(Data records)
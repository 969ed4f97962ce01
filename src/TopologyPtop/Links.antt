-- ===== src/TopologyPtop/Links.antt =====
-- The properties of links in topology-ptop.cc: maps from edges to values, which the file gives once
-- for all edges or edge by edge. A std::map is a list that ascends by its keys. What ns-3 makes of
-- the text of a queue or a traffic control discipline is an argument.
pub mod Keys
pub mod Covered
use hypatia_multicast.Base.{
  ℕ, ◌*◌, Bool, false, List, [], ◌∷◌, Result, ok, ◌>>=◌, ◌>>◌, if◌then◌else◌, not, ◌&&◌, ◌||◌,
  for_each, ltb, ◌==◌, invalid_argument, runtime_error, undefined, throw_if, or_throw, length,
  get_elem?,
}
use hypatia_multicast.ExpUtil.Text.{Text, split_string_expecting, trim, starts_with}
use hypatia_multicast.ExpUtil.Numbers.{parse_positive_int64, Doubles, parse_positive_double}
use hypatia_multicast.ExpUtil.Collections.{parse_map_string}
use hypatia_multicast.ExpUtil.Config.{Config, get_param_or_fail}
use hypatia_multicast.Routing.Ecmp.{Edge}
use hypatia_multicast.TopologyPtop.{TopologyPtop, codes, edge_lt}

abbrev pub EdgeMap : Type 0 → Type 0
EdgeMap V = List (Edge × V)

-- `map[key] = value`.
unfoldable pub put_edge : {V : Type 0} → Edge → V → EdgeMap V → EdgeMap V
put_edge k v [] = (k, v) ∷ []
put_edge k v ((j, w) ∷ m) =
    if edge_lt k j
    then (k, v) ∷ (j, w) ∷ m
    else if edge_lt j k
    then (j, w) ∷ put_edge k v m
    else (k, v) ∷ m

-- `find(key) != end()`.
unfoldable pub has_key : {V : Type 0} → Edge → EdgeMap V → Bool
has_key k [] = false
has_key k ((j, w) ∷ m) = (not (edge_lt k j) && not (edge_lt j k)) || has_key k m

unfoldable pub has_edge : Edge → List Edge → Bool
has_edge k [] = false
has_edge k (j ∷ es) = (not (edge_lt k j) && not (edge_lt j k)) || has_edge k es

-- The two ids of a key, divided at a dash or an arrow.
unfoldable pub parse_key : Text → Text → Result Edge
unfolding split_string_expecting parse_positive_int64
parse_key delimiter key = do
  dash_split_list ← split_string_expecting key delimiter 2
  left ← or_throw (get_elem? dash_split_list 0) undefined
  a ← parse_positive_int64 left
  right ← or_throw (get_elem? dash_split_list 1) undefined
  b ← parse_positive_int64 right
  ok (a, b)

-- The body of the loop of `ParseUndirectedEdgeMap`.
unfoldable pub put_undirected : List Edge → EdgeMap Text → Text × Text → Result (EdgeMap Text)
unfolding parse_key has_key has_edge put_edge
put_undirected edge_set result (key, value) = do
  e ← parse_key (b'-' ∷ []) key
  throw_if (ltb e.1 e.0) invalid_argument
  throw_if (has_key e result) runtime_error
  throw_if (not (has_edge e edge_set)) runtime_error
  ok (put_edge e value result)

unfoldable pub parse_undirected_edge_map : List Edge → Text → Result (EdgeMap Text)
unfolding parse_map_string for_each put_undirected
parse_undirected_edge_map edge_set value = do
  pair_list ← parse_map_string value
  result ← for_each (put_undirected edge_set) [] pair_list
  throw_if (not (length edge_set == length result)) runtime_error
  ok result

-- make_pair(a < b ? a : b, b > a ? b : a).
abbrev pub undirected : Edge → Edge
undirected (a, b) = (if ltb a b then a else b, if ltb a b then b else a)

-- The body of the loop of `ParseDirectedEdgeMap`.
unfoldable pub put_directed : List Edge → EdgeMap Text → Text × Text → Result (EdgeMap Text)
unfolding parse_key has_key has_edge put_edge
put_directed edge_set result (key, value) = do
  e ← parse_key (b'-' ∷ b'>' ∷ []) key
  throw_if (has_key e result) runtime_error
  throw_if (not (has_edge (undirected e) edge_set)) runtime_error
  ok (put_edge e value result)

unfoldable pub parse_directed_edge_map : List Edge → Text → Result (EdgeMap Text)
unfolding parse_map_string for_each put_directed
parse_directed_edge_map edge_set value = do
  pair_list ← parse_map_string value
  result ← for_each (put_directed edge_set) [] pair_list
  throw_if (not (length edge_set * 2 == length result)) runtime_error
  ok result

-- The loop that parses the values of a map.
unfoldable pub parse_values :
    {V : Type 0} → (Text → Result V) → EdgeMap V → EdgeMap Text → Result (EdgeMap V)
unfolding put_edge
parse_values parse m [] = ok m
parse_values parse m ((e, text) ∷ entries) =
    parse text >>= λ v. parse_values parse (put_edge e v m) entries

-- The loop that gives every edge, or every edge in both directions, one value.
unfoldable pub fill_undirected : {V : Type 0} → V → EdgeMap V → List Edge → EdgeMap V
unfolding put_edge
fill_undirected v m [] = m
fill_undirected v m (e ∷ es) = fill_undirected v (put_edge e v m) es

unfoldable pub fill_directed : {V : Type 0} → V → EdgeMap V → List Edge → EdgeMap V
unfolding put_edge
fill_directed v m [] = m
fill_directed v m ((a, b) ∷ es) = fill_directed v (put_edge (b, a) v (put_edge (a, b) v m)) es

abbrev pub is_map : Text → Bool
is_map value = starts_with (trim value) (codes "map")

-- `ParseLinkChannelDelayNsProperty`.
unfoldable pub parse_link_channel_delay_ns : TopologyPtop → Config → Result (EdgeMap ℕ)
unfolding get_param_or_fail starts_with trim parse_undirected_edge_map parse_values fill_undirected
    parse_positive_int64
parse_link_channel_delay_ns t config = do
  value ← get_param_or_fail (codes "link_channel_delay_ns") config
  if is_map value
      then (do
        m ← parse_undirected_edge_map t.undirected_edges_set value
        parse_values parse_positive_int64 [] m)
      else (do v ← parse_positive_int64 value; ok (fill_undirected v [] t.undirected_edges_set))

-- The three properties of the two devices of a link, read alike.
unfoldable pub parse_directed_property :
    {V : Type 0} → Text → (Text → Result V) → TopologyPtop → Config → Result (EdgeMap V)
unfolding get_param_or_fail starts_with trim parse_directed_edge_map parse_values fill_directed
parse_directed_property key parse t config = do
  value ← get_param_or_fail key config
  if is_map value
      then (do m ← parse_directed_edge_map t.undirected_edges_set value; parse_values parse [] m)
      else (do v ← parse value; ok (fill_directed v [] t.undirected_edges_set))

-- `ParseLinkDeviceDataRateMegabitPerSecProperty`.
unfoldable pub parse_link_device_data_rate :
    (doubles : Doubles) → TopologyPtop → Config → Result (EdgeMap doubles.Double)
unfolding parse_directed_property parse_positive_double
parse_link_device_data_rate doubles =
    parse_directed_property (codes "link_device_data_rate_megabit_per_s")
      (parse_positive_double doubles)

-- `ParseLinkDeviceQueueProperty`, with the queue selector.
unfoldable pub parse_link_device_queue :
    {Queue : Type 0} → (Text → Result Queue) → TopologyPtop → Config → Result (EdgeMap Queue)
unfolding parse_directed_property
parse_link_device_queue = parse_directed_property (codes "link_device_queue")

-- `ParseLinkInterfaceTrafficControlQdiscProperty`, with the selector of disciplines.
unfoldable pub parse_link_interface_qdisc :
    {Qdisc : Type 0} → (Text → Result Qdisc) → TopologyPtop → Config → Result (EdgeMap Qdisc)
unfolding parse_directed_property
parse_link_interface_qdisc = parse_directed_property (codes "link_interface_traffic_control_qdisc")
* * *
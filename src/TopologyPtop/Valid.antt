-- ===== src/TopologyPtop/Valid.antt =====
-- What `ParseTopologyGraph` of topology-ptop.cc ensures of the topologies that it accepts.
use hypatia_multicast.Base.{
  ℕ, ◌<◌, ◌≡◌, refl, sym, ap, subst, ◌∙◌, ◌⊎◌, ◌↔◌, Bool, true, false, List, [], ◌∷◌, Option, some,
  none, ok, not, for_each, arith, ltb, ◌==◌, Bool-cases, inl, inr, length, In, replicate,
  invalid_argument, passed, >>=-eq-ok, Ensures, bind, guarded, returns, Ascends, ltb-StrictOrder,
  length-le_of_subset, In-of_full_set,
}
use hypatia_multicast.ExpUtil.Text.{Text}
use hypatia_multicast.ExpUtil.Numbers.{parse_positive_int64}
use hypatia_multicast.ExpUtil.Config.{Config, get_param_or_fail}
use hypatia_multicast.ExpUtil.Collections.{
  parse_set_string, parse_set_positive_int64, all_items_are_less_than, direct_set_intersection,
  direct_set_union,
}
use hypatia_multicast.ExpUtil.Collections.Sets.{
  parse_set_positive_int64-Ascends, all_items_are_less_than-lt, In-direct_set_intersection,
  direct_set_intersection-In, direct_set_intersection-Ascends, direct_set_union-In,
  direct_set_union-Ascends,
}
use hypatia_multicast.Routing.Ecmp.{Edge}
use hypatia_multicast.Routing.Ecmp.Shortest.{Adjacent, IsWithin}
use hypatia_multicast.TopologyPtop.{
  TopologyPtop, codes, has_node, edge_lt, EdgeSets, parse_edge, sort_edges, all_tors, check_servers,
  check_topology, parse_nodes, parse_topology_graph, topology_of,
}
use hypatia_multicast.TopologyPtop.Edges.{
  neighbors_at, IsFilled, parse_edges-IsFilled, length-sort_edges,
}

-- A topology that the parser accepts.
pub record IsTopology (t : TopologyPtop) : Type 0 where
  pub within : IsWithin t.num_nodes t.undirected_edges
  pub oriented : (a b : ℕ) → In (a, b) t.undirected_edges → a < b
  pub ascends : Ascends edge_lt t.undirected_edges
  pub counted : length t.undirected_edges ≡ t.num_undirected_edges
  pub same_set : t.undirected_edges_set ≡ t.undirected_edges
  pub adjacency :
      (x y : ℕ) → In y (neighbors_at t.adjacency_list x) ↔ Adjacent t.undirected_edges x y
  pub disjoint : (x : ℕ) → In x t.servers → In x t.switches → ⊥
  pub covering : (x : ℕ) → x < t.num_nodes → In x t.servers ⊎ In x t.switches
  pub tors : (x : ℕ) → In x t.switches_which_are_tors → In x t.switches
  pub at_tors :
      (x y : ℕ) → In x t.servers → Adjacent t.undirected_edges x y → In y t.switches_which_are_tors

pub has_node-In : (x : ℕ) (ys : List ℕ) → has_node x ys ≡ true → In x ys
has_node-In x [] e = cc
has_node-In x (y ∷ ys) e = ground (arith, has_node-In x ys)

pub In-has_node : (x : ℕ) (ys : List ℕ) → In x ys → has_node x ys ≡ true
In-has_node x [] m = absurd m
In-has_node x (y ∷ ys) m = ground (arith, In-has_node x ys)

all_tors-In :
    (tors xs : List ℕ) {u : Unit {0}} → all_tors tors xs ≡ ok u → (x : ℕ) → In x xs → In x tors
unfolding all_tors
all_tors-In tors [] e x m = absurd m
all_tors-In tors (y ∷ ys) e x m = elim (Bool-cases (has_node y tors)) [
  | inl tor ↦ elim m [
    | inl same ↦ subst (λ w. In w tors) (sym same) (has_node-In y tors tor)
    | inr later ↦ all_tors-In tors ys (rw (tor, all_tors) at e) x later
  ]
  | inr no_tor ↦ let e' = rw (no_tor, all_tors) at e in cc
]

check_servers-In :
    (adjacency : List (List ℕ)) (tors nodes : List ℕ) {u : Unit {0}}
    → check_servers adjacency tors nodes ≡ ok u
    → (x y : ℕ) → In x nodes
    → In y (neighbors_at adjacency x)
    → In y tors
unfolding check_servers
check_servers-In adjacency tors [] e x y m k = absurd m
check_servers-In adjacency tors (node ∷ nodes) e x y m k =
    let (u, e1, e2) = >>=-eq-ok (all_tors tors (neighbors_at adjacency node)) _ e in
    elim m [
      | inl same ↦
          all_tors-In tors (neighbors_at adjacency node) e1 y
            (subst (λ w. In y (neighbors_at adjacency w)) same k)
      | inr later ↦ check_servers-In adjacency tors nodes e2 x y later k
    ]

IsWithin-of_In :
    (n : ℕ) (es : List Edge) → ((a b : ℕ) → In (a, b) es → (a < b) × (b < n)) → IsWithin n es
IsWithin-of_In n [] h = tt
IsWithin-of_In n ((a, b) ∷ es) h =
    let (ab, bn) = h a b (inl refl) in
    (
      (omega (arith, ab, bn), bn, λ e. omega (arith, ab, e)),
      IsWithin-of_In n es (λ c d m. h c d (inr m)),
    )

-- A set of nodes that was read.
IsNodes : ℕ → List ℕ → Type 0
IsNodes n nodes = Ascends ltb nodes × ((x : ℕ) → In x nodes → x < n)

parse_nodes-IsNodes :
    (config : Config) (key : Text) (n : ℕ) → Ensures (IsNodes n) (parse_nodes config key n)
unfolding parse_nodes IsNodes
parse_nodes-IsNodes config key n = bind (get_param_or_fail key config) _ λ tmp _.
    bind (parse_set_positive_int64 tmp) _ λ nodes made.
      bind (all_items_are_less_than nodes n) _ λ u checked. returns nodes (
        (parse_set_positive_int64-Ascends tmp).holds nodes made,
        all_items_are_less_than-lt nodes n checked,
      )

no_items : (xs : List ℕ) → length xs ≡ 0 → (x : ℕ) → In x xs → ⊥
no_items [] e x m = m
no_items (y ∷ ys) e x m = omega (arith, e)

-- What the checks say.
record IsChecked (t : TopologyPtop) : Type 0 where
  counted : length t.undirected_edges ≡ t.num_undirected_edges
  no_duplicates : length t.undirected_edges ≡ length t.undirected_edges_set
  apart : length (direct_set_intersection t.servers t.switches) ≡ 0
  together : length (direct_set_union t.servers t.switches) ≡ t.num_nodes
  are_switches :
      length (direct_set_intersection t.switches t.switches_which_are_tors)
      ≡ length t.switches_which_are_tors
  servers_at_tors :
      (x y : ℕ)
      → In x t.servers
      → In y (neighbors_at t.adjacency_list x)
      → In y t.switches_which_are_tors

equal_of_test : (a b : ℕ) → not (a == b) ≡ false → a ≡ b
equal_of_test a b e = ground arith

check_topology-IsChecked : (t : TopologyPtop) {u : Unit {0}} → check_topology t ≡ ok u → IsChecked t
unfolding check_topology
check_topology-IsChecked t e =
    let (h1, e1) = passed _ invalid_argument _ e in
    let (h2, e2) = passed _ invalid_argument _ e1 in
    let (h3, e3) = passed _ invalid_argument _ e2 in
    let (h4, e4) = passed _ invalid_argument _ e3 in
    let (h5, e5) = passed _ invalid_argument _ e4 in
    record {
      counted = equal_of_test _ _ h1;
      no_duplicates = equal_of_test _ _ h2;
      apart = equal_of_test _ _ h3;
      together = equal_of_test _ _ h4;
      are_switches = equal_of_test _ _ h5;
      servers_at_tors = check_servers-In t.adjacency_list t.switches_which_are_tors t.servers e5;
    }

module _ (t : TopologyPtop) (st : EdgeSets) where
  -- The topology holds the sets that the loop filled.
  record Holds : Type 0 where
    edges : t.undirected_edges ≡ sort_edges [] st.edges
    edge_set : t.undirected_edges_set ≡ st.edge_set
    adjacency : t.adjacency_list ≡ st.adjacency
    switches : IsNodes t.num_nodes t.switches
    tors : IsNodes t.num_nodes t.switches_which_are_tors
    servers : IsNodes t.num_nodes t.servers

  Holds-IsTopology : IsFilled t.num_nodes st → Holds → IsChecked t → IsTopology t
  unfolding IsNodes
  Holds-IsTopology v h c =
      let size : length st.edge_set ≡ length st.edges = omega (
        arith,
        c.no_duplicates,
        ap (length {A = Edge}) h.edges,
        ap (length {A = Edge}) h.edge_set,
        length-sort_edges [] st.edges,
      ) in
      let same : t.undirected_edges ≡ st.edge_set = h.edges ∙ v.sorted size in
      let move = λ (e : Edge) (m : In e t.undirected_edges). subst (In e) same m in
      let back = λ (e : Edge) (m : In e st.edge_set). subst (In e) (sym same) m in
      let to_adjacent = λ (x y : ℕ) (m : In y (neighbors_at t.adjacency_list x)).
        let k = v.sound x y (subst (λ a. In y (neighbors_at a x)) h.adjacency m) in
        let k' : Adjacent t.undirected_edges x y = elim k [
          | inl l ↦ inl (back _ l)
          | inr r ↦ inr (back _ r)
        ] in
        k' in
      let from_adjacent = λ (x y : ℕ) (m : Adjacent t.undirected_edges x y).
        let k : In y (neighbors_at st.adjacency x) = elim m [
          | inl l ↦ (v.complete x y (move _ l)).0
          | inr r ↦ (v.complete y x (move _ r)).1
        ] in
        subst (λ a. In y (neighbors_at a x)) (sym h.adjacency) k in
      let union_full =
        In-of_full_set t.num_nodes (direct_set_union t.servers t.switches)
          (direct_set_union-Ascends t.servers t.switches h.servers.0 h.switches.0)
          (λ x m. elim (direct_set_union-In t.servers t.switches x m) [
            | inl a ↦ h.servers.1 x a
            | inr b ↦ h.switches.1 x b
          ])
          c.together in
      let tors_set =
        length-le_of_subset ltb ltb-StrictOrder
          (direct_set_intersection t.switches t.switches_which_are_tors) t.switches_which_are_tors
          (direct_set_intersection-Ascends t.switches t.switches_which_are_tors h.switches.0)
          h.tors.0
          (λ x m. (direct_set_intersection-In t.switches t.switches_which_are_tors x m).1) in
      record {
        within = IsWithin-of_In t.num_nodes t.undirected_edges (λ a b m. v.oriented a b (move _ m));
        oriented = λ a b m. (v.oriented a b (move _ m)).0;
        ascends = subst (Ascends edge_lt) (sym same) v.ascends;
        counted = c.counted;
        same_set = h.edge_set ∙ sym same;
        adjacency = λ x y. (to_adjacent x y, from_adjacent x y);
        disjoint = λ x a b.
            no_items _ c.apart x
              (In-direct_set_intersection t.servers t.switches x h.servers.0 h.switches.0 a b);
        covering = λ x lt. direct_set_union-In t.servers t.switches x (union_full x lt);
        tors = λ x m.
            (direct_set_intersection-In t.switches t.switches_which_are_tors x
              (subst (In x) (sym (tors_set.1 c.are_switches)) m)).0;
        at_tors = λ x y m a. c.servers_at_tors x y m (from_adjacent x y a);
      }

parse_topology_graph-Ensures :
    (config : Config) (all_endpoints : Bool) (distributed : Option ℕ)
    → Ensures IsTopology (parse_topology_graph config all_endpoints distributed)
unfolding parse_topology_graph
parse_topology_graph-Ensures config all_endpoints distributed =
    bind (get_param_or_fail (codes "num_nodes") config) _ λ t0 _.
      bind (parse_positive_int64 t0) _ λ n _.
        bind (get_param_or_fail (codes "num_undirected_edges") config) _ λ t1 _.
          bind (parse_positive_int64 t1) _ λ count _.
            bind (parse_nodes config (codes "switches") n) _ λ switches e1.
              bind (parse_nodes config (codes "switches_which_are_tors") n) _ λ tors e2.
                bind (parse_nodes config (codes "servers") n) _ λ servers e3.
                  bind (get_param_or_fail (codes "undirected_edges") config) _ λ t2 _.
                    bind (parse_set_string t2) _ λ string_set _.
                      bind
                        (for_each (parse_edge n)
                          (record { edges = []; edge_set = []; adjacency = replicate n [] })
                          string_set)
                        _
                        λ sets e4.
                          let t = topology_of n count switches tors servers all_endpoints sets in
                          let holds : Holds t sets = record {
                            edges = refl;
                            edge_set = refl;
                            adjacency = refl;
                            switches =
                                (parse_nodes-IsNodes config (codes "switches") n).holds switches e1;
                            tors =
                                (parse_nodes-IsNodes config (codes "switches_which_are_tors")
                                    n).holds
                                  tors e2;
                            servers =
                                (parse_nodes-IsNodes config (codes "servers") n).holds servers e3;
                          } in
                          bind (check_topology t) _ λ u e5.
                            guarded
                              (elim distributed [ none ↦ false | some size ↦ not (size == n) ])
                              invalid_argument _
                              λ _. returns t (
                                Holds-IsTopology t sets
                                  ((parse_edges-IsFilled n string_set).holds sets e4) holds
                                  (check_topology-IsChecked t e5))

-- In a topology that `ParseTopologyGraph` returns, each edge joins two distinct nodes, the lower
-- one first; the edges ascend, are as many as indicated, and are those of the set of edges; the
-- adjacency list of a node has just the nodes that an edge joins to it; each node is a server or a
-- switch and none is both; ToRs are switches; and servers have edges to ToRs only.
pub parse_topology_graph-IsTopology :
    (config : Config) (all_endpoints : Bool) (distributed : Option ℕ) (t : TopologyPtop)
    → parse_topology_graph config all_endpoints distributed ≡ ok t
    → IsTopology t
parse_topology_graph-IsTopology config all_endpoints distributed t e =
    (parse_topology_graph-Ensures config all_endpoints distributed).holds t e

:: Directions ::
For each line above that contains the word "properties", copy that line.

:: Expected answer ::
-- The properties of links in topology-ptop.cc: maps from edges to values, which the file gives once
-- The three properties of the two devices of a link, read alike.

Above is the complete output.